(Stored items)
-- ===== src/Accounts/History/Complete.antt =====
-- Nothing is missing from a history: every pair of an account's entry and the other entry of its
-- transfer has its row, as long as the cap is not reached.
use mathlib.Core.Path.{subst}
use chekin_interview.Base.{
  ℕ, zero, suc, ◌≤◌, ◌≡◌, ◌≢◌, refl, ap, sym, ◌∙◌, ◌⊎◌, inl, inr, true, List, [], ◌∷◌, ◌++◌, arith,
  take, length, ◌==◌, ==_refl, Bool-cases,
}
use chekin_interview.Models.{LedgerEntry}
use chekin_interview.Accounts.History.{
  Joined, newer, matches, join_one, join_all, insert_row, order_rows, history_rows,
  max_transactions,
}
use chekin_interview.Accounts.History.Content.{InLedger}

-- A row of a list of rows.
abbrev pub InRows : Joined → List Joined → Type 0
InRows x [] = ⊥
InRows x (y ∷ ys) = (x ≡ y) ⊎ InRows x ys

InRows-append_left : (x : Joined) (xs ys : List Joined) → InRows x xs → InRows x (xs ++ ys)
InRows-append_left x [] ys h = elim h [ ]
InRows-append_left x (y ∷ xs) ys (inl p) = inl p
InRows-append_left x (y ∷ xs) ys (inr h) = inr (InRows-append_left x xs ys h)

InRows-append_right : (x : Joined) (xs ys : List Joined) → InRows x ys → InRows x (xs ++ ys)
InRows-append_right x [] ys h = h
InRows-append_right x (y ∷ xs) ys h = inr (InRows-append_right x xs ys h)

matches_of :
    (mine theirs : LedgerEntry)
    → theirs.transfer_id ≡ mine.transfer_id
    → theirs.id ≢ mine.id
    → matches mine theirs ≡ true
unfolding matches
matches_of mine theirs p q = ground arith

join_one-InRows :
    (mine theirs : LedgerEntry) (rest : List LedgerEntry)
    → InLedger theirs rest
    → matches mine theirs ≡ true
    → InRows (record { mine = mine; theirs = theirs }) (join_one mine rest)
unfolding join_one
join_one-InRows mine theirs [] h m = elim h [ ]
join_one-InRows mine theirs (x ∷ rest) (inl p) m =
    rw (ap (matches mine) (sym p) ∙ m) (inl (ap (λ t. record { mine = mine; theirs = t }) p))
join_one-InRows mine theirs (x ∷ rest) (inr h) m = elim (Bool-cases (matches mine x)) [
  | inl q ↦ rw q (inr (join_one-InRows mine theirs rest h m))
  | inr q ↦ rw q (join_one-InRows mine theirs rest h m)
]

module _ (account_id : ℕ) (entries : List LedgerEntry) where
  join_all-InRows_head :
      (row : Joined) (rest : List LedgerEntry)
      → (row.mine.account_id == account_id) ≡ true
      → InRows row (join_one row.mine entries)
      → InRows row (join_all account_id entries (row.mine ∷ rest))
  unfolding join_all
  join_all-InRows_head row rest on joined =
      rw on (
        InRows-append_left row (join_one row.mine entries) (join_all account_id entries rest)
          joined)

  join_all-InRows :
      (row : Joined) (rest : List LedgerEntry)
      → InLedger row.mine rest
      → row.mine.account_id ≡ account_id
      → InRows row (join_one row.mine entries)
      → InRows row (join_all account_id entries rest)
  unfolding join_all
  join_all-InRows row [] h on joined = elim h [ ]
  join_all-InRows row (x ∷ rest) (inl p) on joined =
      subst (λ m. InRows row (join_all account_id entries (m ∷ rest))) p
        (join_all-InRows_head row rest (ap (λ i. i == account_id) on ∙ ==_refl account_id) joined)
  join_all-InRows row (x ∷ rest) (inr h) on joined =
      elim (Bool-cases (x.account_id == account_id)) [
        | inl q ↦ rw q (
            InRows-append_right row (join_one x entries) (join_all account_id entries rest)
              (join_all-InRows row rest h on joined))
        | inr q ↦ rw q (join_all-InRows row rest h on joined)
      ]

insert_row-InRows_head : (x : Joined) (rows : List Joined) → InRows x (insert_row x rows)
unfolding insert_row
insert_row-InRows_head x [] = inl refl
insert_row-InRows_head x (y ∷ ys) = elim (Bool-cases (newer x.mine y.mine)) [
  | inl p ↦ rw p (inl refl)
  | inr p ↦ rw p (inr (insert_row-InRows_head x ys))
]

insert_row-InRows :
    (x row : Joined) (rows : List Joined) → InRows row rows → InRows row (insert_row x rows)
unfolding insert_row
insert_row-InRows x row [] h = elim h [ ]
insert_row-InRows x row (y ∷ ys) h = elim (Bool-cases (newer x.mine y.mine)) [
  | inl p ↦ rw p (inr h)
  | inr p ↦ rw p (elim h [ inl q ↦ inl q | inr q ↦ inr (insert_row-InRows x row ys q) ])
]

order_rows-InRows :
    (row : Joined) (rows : List Joined) → InRows row rows → InRows row (order_rows rows)
unfolding order_rows
order_rows-InRows row [] h = h
order_rows-InRows row (x ∷ xs) (inl p) = rw p (insert_row-InRows_head x (order_rows xs))
order_rows-InRows row (x ∷ xs) (inr h) =
    insert_row-InRows x row (order_rows xs) (order_rows-InRows row xs h)

take-InRows :
    (n : ℕ) (row : Joined) (rows : List Joined)
    → length rows ≤ n
    → InRows row rows
    → InRows row (take n rows)
take-InRows n row [] h k = elim k [ ]
take-InRows zero row (x ∷ xs) h k = omega (arith, h)
take-InRows (suc n) row (x ∷ xs) h (inl p) = inl p
take-InRows (suc n) row (x ∷ xs) h (inr k) = inr (take-InRows n row xs (omega (arith, h)) k)

-- If an account's joined rows are at most 100, each entry of the account, joined with another entry
-- of the same transfer, has its row in the history.
pub history_rows-InRows :
    (account_id : ℕ) (entries : List LedgerEntry) (row : Joined)
    → length (order_rows (join_all account_id entries entries)) ≤ max_transactions
    → InLedger row.mine entries
    → InLedger row.theirs entries
    → row.mine.account_id ≡ account_id
    → row.theirs.transfer_id ≡ row.mine.transfer_id
    → row.theirs.id ≢ row.mine.id
    → InRows row (history_rows account_id entries)
unfolding history_rows
history_rows-InRows account_id entries row short mine theirs on same other =
    take-InRows max_transactions row (order_rows (join_all account_id entries entries)) short (
      order_rows-InRows row (join_all account_id entries entries) (
        join_all-InRows account_id entries row entries mine on (
          join_one-InRows row.mine row.theirs entries theirs
            (matches_of row.mine row.theirs same other))))
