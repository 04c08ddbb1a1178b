-- ===== src/Accounts/History/Order.antt =====
-- The history is newest first, and is cut at a hundred rows.
use chekin_interview.Base.{
  ℕ, zero, suc, ◌≤◌, ◌<◌, ◌≡◌, ◌⊎◌, inl, inr, true, false, List, [], ◌∷◌, arith, take, length,
  Bool-cases,
}
use chekin_interview.Models.{LedgerEntry}
use chekin_interview.Accounts.History.{
  Joined, newer, insert_row, order_rows, join_all, history_rows, max_transactions,
}

-- `a` was made after `b`, or at the same time and has no smaller id.
abbrev pub IsNoOlder : LedgerEntry → LedgerEntry → Type 0
IsNoOlder a b = (b.created_at < a.created_at) ⊎ ((b.created_at ≡ a.created_at) × (b.id ≤ a.id))

-- The first row of a list, if there is one, is no newer than `x`.
abbrev pub Leads : Joined → List Joined → Type 0
Leads x [] = Unit
Leads x (y ∷ ys) = IsNoOlder x.mine y.mine

-- Each row is at least as new as the next.
abbrev pub IsNewestFirst : List Joined → Type 0
IsNewestFirst [] = Unit
IsNewestFirst (x ∷ xs) = Leads x xs × IsNewestFirst xs

newer-IsNoOlder : (a b : LedgerEntry) → newer a b ≡ true → IsNoOlder a b
unfolding newer
newer-IsNoOlder a b h = ground arith

newer_total : (a b : LedgerEntry) → newer a b ≡ false → newer b a ≡ true
unfolding newer
newer_total a b h = ground arith

Leads-insert_row :
    (y x : Joined) (rows : List Joined)
    → IsNoOlder y.mine x.mine
    → Leads y rows
    → Leads y (insert_row x rows)
unfolding insert_row
Leads-insert_row y x [] h k = h
Leads-insert_row y x (z ∷ zs) h k = elim (Bool-cases (newer x.mine z.mine)) [
  | inl p ↦ rw p h
  | inr p ↦ rw p k
]

insert_row-IsNewestFirst :
    (x : Joined) (rows : List Joined) → IsNewestFirst rows → IsNewestFirst (insert_row x rows)
unfolding insert_row
insert_row-IsNewestFirst x [] h = (tt, tt)
insert_row-IsNewestFirst x (y ∷ ys) h = elim (Bool-cases (newer x.mine y.mine)) [
  | inl p ↦ rw p (newer-IsNoOlder x.mine y.mine p, h)
  | inr p ↦ rw p (
    Leads-insert_row y x ys (newer-IsNoOlder y.mine x.mine (newer_total x.mine y.mine p)) h.0,
    insert_row-IsNewestFirst x ys h.1,
  )
]

order_rows-IsNewestFirst : (rows : List Joined) → IsNewestFirst (order_rows rows)
unfolding order_rows
order_rows-IsNewestFirst [] = tt
order_rows-IsNewestFirst (x ∷ xs) =
    insert_row-IsNewestFirst x (order_rows xs) (order_rows-IsNewestFirst xs)

Leads-take : (x : Joined) (n : ℕ) (rows : List Joined) → Leads x rows → Leads x (take n rows)
Leads-take x zero rows h = tt
Leads-take x (suc n) [] h = tt
Leads-take x (suc n) (y ∷ ys) h = h

take-IsNewestFirst : (n : ℕ) (rows : List Joined) → IsNewestFirst rows → IsNewestFirst (take n rows)
take-IsNewestFirst zero rows h = tt
take-IsNewestFirst (suc n) [] h = tt
take-IsNewestFirst (suc n) (x ∷ xs) h = (Leads-take x n xs h.0, take-IsNewestFirst n xs h.1)

length-take-le {ℓ} : {A : Type ℓ} (n : ℕ) (l : List A) → length (take n l) ≤ n
length-take-le zero l = omega arith
length-take-le (suc n) [] = omega arith
length-take-le (suc n) (x ∷ xs) = omega (arith, length-take-le n xs)

-- Each row of a history was made after the next one, or at the same time and has no smaller id, and the
-- rows are at most 100.
pub history_rows-order :
    (account_id : ℕ) (entries : List LedgerEntry)
    → IsNewestFirst (history_rows account_id entries)
      × (length (history_rows account_id entries) ≤ max_transactions)
unfolding history_rows
history_rows-order account_id entries =
    let rows = order_rows (join_all account_id entries entries) in
    (
      take-IsNewestFirst max_transactions rows
          (order_rows-IsNewestFirst (join_all account_id entries entries)),
      length-take-le max_transactions rows,
    )
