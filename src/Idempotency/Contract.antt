-- ===== src/Idempotency/Contract.antt =====
-- The contract of `execute_once`: what its callers' work must promise, and how a call can end.
use chekin_interview.Base.{String, ◌≡◌, ◌∙◌, ◌⊎◌, none, some, [], ◌∷◌}
use chekin_interview.Errors.{Exn}
use chekin_interview.Models.{IdempotencyKey, add_key, find_key}
use chekin_interview.Database.{Engine, key_row, Within, Ends, Committed, IsLost}
use chekin_interview.Database.Exec.{ok, Exec}
use chekin_interview.Idempotency.{Outcome, replay, new_claim, fast_path, claim_and_perform}

module _ (e : Engine) where
  open e use {Session, ghost}

  -- The work of a caller, in the transaction that has just claimed a key: a return has made `Q`
  -- true, and neither a return nor a raise has committed anything.
  abbrev pub Performs :
      (IdempotencyKey → Outcome → Session → Type 0)
      → (IdempotencyKey → Exec Session Outcome)
      → Type 0
  Performs Q perform =
      (claim : IdempotencyKey) (s : Session)
      → ghost.pending s ≡ add_key claim ∷ []
      → Ends (λ o s'. Within ghost s s' × Q claim o s') (λ x s'. ghost.own s' ≡ ghost.own s)
          (perform claim s)

  -- The session in which the losing request reads the winner's record: after the fast path, and
  -- after its own claim was rolled back.
  abbrev pub after_race :
      String → String → String → (IdempotencyKey → Exec Session Outcome) → Session → Session
  after_race key operation hash perform start =
      e.rollback
        (claim_and_perform e (new_claim key operation hash) perform
          (fast_path e key operation hash start).1).1

  -- A record that one of the two reads of a call that began in `start` has found committed. `at` is
  -- the session after the read.
  pub record Seen (key operation hash : String) (perform : IdempotencyKey → Exec Session Outcome)
      (start : Session) (x : IdempotencyKey) : Type 0 where
    pub at : Session
    pub read :
        (at ≡ (e.get_key key start).1)
        ⊎ (at ≡ (e.get_key key (after_race key operation hash perform start)).1)
    pub found : find_key key (ghost.committed at).idempotency_keys ≡ some x

  -- A stored response was given back, and this call committed nothing.
  pub record Replayed (key operation hash : String)
      (perform : IdempotencyKey → Exec Session Outcome) (s : Session) (o : Outcome) (s' : Session)
      : Type 0 where
    pub stored : IdempotencyKey
    pub seen : Seen key operation hash perform s stored
    pub answer : replay stored operation hash ≡ ok o
    pub own_kept : ghost.own s' ≡ ghost.own s

  -- The work was done and is committed: `before` is the session just before its one commit.
  pub record Fresh (Q : IdempotencyKey → Outcome → Session → Type 0) (claim : IdempotencyKey)
      (s : Session) (o : Outcome) (s' : Session) : Type 0 where
    pub before : Session
    pub worked : Q claim o before
    pub landed : Committed ghost before s'
    pub own_before : ghost.own before ≡ ghost.own s
    pub claimed : ghost.Held before (key_row claim.key)
    pub unused : find_key claim.key (ghost.committed before).idempotency_keys ≡ none

  -- The answer to the commit was lost, and the work is committed: `at` is the session just after its
  -- one commit.
  pub record Lost (Q : IdempotencyKey → Outcome → Session → Type 0) (claim : IdempotencyKey)
      (s : Session) (x : Exn) (s' : Session) : Type 0 where
    pub outcome : Outcome
    pub at : Session
    pub fresh : Fresh Q claim s outcome at
    pub is_lost : IsLost x
    pub own_kept : ghost.own s' ≡ ghost.own at

  module _ (Q : IdempotencyKey → Outcome → Session → Type 0) (key operation hash : String)
      (perform : IdempotencyKey → Exec Session Outcome) (start : Session) where
    abbrev pub Failed : Exn → Session → Type 0
    Failed x s' =
        (ghost.own s' ≡ ghost.own start) ⊎ Lost Q (new_claim key operation hash) start x s'

    abbrev pub Done : Outcome → Session → Type 0
    Done o s' =
        Replayed key operation hash perform start o s'
        ⊎ Fresh Q (new_claim key operation hash) start o s'

    -- The session between two transactions, which has committed nothing.
    abbrev pub Idle : Session → Type 0
    Idle s = (ghost.pending s ≡ []) × (ghost.own s ≡ ghost.own start)

    pub rollback-Idle : (s : Session) → ghost.own s ≡ ghost.own start → Idle (e.rollback s)
    rollback-Idle s h = ((e.rollback_ends s).0, (e.rollback_ends s).1 ∙ h)
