-- ===== src/Idempotency/Replay.antt =====
-- `replay`: when a stored record answers a request.
use chekin_interview.Base.{String, ◌≡◌, true, arith, eq_iff}
use chekin_interview.Models.{IdempotencyKey}
use chekin_interview.Database.Exec.{ok, raise}
use chekin_interview.Idempotency.{Outcome, or_null, conflict, replay}

-- The response that a record holds, marked as replayed.
abbrev pub stored_response : IdempotencyKey → Outcome
stored_response r = record { status_code = 200; body = or_null r.response_body; replayed = true }

pub replay-match :
    (r : IdempotencyKey) (operation hash : String)
    → r.operation ≡ operation
    → r.request_hash ≡ hash
    → replay r operation hash ≡ ok (stored_response r)
unfolding replay
replay-match r operation hash p q =
    rw ((eq_iff r.operation operation).1 p, (eq_iff r.request_hash hash).1 q)

-- A record answers only the request that it was made for, and with its own response.
pub replay-eq-ok :
    (r : IdempotencyKey) (operation hash : String) (o : Outcome)
    → replay r operation hash ≡ ok o
    → (r.operation ≡ operation) × (r.request_hash ≡ hash) × (o ≡ stored_response r)
unfolding replay
replay-eq-ok r operation hash o h =
    ground (arith, eq_iff r.operation operation, eq_iff r.request_hash hash)

-- Any other request under the key is refused.
pub replay-conflict :
    (r : IdempotencyKey) (operation hash : String)
    → ¬ ((r.operation ≡ operation) × (r.request_hash ≡ hash))
    → replay r operation hash ≡ raise (conflict r)
unfolding replay
replay-conflict r operation hash h =
    ground (arith, eq_iff r.operation operation, eq_iff r.request_hash hash)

▸ About this exercise: Look over the data above and show each line that contains "Database".

▸ Worked solution:
use chekin_interview.Database.{Engine, key_row, Within, Ends, Committed, IsLost}
use chekin_interview.Database.Exec.{ok, Exec}
use chekin_interview.Database.Exec.{ok, raise}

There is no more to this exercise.